Task material: Begin

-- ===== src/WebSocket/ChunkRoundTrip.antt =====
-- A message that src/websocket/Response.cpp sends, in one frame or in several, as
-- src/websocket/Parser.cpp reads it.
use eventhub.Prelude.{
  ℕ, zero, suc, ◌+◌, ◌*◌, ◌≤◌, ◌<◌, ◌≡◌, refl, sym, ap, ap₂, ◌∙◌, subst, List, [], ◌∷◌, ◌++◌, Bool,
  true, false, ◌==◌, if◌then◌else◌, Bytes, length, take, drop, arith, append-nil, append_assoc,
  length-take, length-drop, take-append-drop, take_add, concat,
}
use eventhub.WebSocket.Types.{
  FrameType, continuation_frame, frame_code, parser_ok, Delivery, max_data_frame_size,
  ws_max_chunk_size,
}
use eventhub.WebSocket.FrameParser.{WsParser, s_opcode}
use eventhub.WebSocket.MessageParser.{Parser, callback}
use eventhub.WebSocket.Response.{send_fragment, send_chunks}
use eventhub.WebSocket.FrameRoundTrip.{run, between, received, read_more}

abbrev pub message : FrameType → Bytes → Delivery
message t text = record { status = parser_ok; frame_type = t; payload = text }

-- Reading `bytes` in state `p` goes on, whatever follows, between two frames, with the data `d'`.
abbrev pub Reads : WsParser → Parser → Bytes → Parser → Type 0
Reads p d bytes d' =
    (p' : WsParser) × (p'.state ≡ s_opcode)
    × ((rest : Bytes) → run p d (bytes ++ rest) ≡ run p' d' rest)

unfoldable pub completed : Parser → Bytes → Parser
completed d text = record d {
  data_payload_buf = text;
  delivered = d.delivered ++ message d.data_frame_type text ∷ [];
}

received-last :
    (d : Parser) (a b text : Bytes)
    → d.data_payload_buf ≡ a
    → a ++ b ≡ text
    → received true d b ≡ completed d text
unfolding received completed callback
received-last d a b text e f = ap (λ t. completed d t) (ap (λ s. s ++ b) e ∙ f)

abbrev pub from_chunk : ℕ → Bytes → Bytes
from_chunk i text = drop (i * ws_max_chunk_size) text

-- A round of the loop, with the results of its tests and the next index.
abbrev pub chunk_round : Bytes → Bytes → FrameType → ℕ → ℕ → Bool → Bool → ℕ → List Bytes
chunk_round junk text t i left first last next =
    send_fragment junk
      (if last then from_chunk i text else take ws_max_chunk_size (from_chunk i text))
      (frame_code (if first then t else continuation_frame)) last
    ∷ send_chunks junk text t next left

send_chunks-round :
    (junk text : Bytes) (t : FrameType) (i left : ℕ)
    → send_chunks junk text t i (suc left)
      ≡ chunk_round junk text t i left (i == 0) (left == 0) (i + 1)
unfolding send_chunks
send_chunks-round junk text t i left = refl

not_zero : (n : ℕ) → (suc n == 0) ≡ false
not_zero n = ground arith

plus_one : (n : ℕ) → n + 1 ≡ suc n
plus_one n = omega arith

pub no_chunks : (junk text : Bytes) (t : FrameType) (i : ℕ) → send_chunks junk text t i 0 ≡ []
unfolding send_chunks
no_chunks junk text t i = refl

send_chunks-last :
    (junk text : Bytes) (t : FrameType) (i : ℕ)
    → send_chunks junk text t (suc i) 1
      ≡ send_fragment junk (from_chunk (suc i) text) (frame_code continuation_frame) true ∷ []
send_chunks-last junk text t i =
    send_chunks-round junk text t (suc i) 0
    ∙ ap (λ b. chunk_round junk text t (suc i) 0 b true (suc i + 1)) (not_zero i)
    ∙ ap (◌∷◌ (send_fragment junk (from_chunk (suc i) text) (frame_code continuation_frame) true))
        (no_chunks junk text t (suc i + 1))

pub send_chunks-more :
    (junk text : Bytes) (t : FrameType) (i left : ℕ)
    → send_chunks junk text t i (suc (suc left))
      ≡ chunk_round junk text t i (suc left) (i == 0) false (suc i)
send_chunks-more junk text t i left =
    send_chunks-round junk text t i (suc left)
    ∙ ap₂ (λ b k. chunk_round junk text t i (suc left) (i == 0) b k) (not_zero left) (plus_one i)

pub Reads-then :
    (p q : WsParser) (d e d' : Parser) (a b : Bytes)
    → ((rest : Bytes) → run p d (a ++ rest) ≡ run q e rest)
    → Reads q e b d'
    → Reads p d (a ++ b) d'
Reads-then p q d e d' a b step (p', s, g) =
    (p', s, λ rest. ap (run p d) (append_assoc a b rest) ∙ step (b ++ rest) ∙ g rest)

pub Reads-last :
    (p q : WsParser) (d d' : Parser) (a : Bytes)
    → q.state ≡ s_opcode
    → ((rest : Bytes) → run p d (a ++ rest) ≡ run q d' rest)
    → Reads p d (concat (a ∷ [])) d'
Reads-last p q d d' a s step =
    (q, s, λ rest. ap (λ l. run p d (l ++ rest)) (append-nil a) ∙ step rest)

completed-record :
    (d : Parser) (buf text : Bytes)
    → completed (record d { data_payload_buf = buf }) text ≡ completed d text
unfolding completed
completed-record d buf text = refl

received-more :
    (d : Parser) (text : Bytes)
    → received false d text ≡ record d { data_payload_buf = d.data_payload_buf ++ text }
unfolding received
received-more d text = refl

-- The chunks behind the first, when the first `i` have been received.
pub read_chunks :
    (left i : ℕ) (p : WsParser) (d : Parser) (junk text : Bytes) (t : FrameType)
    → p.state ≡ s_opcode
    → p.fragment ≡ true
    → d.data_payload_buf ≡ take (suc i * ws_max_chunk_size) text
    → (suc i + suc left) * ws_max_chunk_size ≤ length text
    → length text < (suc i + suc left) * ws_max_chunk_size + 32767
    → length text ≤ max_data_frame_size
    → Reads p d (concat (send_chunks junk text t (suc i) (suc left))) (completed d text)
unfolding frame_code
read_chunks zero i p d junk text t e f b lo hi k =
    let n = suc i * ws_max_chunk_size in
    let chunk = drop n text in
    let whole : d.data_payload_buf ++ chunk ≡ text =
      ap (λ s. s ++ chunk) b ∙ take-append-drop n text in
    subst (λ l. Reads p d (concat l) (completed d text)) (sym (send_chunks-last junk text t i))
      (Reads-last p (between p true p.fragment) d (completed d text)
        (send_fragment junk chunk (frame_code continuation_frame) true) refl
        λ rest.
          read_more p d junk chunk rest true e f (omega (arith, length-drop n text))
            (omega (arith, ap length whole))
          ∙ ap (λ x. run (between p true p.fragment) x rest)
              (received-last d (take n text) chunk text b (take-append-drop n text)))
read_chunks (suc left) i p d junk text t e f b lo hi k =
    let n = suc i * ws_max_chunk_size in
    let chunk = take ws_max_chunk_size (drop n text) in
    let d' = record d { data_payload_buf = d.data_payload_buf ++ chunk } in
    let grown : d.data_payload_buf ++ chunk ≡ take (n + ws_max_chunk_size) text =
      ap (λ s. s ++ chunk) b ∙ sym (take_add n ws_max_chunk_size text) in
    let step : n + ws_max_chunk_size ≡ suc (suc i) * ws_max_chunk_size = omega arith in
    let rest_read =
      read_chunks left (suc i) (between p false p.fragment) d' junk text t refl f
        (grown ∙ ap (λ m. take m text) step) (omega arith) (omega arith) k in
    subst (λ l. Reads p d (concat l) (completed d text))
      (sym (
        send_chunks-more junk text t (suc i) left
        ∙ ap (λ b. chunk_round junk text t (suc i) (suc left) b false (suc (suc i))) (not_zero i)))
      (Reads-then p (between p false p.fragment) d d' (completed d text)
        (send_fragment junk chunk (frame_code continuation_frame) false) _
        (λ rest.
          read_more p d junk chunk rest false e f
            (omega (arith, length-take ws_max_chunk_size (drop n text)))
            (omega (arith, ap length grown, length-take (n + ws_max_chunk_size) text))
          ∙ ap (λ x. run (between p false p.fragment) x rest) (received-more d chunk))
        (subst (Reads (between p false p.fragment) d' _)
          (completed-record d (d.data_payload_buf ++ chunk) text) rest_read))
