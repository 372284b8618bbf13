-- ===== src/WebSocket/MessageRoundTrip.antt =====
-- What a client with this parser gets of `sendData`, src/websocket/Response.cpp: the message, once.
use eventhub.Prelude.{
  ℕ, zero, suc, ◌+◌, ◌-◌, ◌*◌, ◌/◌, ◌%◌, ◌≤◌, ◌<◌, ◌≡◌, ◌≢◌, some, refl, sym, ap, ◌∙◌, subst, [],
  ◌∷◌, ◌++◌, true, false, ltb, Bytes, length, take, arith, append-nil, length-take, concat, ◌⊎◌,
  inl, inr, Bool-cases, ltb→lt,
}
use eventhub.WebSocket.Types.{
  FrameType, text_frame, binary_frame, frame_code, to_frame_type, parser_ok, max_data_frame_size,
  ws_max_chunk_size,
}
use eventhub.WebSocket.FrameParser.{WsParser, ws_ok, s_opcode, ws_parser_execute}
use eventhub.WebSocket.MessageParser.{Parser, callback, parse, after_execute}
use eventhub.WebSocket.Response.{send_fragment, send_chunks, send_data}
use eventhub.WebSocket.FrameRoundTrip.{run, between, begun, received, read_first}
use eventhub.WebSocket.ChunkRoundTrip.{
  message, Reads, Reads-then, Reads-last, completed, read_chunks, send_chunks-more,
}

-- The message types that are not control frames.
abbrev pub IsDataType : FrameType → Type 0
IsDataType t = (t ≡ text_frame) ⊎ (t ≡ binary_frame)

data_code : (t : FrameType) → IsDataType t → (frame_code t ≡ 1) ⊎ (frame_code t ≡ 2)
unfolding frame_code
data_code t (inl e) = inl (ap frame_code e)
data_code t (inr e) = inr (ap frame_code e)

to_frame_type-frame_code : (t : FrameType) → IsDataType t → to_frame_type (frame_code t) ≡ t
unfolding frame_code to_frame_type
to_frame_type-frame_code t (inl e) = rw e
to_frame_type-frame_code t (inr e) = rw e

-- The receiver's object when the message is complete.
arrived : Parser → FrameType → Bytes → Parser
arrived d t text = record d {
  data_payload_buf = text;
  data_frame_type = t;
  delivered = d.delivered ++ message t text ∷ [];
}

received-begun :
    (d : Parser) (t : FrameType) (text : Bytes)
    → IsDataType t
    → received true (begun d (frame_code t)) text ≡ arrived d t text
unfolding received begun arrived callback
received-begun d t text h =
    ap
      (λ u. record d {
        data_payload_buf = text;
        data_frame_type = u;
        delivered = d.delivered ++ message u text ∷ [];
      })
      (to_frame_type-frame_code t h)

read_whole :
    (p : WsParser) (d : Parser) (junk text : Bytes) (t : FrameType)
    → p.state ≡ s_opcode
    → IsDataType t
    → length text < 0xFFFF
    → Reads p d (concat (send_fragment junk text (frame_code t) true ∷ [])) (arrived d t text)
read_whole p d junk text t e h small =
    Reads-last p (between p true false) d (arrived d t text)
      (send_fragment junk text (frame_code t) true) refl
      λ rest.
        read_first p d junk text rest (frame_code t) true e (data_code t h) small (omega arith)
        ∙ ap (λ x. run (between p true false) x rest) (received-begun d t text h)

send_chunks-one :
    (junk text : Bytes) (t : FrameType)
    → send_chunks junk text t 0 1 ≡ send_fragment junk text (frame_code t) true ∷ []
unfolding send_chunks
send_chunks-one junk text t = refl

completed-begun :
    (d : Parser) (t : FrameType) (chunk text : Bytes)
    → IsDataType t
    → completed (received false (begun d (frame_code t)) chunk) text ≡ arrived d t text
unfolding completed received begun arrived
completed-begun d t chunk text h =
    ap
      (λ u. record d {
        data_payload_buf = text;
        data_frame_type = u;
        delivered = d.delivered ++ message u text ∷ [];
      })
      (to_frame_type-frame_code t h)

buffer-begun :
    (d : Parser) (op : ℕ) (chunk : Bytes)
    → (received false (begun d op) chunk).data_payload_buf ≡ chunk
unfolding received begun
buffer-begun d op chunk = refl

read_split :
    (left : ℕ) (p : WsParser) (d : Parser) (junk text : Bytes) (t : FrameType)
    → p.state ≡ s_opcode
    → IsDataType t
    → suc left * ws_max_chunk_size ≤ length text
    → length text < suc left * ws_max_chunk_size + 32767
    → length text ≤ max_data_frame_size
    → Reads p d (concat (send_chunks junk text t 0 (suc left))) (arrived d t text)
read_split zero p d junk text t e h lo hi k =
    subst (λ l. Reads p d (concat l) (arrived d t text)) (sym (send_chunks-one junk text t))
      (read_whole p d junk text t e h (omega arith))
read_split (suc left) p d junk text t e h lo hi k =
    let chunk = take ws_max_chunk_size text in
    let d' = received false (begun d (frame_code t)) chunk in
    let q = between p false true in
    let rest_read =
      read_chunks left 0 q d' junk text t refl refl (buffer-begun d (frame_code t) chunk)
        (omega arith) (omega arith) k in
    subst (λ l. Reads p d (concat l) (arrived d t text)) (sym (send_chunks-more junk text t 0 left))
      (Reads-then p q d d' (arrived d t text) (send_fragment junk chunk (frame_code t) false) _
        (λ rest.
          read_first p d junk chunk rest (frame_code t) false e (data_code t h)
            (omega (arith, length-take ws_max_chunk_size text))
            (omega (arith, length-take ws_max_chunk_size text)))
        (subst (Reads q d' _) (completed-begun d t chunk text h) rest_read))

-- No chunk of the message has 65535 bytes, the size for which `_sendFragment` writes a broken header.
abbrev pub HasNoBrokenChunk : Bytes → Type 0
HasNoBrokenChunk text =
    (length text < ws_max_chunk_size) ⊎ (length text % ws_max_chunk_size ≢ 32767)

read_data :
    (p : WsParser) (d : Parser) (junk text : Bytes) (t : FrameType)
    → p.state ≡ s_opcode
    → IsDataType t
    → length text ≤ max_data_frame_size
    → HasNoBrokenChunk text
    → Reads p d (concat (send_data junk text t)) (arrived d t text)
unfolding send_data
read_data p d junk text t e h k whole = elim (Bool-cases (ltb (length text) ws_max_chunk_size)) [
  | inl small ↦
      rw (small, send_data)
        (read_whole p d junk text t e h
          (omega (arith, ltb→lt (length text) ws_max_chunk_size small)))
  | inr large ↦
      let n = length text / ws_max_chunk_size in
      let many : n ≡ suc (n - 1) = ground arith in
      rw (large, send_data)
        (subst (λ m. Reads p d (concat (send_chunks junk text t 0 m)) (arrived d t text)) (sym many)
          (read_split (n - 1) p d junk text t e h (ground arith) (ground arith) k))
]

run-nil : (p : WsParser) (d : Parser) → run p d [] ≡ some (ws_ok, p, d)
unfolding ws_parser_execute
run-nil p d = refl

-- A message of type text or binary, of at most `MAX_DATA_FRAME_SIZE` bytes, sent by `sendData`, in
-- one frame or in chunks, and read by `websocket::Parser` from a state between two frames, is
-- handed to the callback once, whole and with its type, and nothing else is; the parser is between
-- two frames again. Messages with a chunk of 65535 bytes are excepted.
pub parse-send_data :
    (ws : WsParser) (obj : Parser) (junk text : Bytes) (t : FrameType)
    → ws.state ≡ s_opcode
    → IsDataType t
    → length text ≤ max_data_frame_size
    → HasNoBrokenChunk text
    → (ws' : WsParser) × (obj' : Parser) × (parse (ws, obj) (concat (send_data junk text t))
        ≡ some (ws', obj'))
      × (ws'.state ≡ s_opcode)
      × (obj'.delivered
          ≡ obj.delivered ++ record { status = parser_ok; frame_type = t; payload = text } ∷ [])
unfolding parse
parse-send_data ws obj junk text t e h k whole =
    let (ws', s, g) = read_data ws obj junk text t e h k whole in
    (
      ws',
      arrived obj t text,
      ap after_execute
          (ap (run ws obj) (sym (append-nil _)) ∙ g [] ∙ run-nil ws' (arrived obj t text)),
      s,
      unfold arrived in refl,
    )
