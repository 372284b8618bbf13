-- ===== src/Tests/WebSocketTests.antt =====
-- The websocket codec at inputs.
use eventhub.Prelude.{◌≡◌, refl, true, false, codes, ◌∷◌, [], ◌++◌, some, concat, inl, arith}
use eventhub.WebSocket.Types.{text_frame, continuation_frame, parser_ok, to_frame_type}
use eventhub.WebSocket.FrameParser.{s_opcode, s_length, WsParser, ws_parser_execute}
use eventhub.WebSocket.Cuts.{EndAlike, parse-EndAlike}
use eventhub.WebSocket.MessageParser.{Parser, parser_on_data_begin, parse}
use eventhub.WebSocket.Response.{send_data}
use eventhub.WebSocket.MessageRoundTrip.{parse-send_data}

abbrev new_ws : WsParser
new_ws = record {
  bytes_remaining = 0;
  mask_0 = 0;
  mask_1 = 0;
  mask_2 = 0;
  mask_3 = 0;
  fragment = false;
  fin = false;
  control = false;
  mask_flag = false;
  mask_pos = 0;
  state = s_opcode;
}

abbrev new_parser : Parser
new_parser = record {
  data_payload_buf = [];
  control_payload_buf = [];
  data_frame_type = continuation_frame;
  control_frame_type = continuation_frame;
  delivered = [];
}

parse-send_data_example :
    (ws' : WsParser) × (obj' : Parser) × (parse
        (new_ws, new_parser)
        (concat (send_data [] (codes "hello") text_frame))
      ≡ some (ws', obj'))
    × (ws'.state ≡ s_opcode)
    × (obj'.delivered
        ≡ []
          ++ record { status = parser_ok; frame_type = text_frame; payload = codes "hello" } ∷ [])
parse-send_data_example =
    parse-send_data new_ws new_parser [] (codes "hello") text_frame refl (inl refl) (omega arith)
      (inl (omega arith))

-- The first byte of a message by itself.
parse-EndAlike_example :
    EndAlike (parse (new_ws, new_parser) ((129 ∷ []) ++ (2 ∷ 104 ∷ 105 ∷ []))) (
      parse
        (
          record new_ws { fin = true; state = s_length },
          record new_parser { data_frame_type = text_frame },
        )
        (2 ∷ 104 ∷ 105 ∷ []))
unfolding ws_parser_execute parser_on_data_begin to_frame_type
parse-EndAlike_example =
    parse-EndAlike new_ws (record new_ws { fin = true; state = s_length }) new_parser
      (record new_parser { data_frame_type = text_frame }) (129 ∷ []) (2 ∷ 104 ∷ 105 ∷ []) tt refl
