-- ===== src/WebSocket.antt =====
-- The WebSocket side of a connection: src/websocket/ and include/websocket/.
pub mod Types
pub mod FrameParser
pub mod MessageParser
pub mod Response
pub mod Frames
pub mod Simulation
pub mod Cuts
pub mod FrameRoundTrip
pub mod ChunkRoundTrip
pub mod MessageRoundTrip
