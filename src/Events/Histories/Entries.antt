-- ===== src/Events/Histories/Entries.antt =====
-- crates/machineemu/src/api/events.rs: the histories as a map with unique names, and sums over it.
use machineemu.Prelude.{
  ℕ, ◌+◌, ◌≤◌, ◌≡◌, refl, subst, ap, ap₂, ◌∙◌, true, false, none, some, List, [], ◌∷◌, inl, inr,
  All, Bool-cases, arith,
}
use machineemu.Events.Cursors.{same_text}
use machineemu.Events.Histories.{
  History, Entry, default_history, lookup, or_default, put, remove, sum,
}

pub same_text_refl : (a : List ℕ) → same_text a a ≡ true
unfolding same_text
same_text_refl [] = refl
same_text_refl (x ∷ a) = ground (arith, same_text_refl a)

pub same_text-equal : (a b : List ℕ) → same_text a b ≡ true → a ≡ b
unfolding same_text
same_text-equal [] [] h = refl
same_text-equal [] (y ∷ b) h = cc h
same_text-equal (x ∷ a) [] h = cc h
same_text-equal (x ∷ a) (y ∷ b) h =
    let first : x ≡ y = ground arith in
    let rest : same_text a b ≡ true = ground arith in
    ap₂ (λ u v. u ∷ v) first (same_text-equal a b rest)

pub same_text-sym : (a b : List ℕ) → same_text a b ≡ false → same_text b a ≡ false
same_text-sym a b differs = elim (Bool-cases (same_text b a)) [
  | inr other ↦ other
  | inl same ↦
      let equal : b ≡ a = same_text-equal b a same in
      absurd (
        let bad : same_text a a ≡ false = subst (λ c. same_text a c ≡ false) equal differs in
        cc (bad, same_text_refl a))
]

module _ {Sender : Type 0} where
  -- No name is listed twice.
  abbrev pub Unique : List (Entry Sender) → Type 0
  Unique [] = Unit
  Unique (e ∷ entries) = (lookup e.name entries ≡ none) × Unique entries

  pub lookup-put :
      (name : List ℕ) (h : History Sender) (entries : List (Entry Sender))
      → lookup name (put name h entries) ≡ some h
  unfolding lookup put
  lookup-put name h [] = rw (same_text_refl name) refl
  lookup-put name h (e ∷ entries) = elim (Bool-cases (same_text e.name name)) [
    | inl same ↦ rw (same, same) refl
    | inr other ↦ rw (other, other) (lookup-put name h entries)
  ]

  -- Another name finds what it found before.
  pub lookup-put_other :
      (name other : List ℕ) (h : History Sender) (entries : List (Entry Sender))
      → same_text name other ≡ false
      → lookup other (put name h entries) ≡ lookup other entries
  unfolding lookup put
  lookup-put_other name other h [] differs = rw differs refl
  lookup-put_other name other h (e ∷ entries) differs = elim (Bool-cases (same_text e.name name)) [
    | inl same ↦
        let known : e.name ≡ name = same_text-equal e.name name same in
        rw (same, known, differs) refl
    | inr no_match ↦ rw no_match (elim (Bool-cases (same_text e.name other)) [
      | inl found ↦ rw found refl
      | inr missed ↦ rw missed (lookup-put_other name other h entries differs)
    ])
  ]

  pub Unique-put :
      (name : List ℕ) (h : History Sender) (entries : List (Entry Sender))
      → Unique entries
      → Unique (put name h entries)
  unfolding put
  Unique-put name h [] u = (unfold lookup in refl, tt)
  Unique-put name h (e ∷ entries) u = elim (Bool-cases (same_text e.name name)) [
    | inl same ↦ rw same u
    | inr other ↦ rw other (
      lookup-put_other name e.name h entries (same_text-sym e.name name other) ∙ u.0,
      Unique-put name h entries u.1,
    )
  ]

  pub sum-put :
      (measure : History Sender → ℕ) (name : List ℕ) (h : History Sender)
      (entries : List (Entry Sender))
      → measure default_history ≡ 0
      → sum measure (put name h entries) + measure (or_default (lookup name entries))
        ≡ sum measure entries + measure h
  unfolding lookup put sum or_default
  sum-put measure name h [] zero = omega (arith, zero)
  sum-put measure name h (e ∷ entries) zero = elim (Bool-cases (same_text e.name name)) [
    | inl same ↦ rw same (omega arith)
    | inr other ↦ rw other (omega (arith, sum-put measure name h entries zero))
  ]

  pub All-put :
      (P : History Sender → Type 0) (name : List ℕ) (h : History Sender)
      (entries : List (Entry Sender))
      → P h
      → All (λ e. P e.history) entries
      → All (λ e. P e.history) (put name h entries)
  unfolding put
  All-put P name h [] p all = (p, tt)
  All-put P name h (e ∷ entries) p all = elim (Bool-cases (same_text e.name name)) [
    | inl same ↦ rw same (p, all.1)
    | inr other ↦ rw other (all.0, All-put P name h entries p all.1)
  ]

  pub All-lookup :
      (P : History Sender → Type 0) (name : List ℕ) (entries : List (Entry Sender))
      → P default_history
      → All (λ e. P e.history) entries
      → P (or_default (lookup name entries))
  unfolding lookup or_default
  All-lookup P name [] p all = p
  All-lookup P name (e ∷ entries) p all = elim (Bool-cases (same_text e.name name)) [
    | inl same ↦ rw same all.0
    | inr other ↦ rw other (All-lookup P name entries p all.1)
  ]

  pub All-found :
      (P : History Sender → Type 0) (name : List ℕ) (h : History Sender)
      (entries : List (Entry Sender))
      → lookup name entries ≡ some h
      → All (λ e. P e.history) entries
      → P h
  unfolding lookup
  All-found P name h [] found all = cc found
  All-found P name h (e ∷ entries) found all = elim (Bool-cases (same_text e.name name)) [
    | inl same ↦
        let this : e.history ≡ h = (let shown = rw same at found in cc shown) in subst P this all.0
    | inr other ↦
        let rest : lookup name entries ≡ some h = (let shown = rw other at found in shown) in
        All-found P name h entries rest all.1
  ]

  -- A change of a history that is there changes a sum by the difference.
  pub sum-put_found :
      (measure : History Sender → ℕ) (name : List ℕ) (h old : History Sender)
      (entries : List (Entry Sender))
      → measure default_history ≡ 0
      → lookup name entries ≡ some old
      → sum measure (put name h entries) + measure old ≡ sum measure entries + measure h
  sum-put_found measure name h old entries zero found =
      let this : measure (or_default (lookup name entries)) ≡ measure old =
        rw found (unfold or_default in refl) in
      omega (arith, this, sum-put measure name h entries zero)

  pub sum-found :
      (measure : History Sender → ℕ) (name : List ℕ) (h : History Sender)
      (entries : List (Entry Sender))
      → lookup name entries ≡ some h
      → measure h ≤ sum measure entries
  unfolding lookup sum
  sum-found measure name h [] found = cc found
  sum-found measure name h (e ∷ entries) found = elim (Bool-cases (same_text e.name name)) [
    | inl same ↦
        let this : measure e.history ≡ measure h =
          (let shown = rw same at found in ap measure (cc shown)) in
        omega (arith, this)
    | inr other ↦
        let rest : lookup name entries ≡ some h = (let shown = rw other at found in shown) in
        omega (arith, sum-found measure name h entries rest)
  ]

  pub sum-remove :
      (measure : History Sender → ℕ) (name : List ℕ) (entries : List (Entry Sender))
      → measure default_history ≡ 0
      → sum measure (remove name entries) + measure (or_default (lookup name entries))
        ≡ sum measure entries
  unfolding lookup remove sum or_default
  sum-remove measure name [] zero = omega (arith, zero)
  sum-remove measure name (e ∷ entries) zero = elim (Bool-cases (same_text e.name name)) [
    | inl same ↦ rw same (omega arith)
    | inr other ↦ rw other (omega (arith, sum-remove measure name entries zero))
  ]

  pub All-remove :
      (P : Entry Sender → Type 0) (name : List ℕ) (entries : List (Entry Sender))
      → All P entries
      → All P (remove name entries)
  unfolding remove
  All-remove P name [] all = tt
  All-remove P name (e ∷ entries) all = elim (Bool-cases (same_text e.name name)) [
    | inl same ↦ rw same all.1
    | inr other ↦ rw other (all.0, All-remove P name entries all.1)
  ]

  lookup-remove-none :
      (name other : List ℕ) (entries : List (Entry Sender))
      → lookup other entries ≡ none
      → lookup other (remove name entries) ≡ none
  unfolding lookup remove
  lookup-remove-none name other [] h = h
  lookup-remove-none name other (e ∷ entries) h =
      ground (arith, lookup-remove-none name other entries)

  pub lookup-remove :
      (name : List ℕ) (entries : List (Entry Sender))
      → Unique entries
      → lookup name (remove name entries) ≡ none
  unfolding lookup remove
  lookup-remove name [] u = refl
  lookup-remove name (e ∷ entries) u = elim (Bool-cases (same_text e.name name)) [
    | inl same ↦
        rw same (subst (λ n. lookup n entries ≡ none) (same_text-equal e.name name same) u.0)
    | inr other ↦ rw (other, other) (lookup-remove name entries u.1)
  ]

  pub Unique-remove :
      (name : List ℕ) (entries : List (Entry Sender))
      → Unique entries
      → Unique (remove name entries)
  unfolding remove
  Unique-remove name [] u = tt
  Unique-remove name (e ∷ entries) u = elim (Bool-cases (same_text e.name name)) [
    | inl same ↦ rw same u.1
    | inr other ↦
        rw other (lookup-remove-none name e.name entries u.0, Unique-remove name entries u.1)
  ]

Task material: End

Exercise goal:
In the data above, which lines lie between the line with "-- No chunk" and the line with "t)) (arrived d t text)", inclusive? Print those lines exactly and nothing else.

Solution to the problem:
-- No chunk of the message has 65535 bytes, the size for which `_sendFragment` writes a broken header.
abbrev pub HasNoBrokenChunk : Bytes → Type 0
HasNoBrokenChunk text =
    (length text < ws_max_chunk_size) ⊎ (length text % ws_max_chunk_size ≢ 32767)

read_data :
    (p : WsParser) (d : Parser) (junk text : Bytes) (t : FrameType)
    → p.state ≡ s_opcode
    → IsDataType t
    → length text ≤ max_data_frame_size
    → HasNoBrokenChunk text
    → Reads p d (concat (send_data junk text t)) (arrived d t text)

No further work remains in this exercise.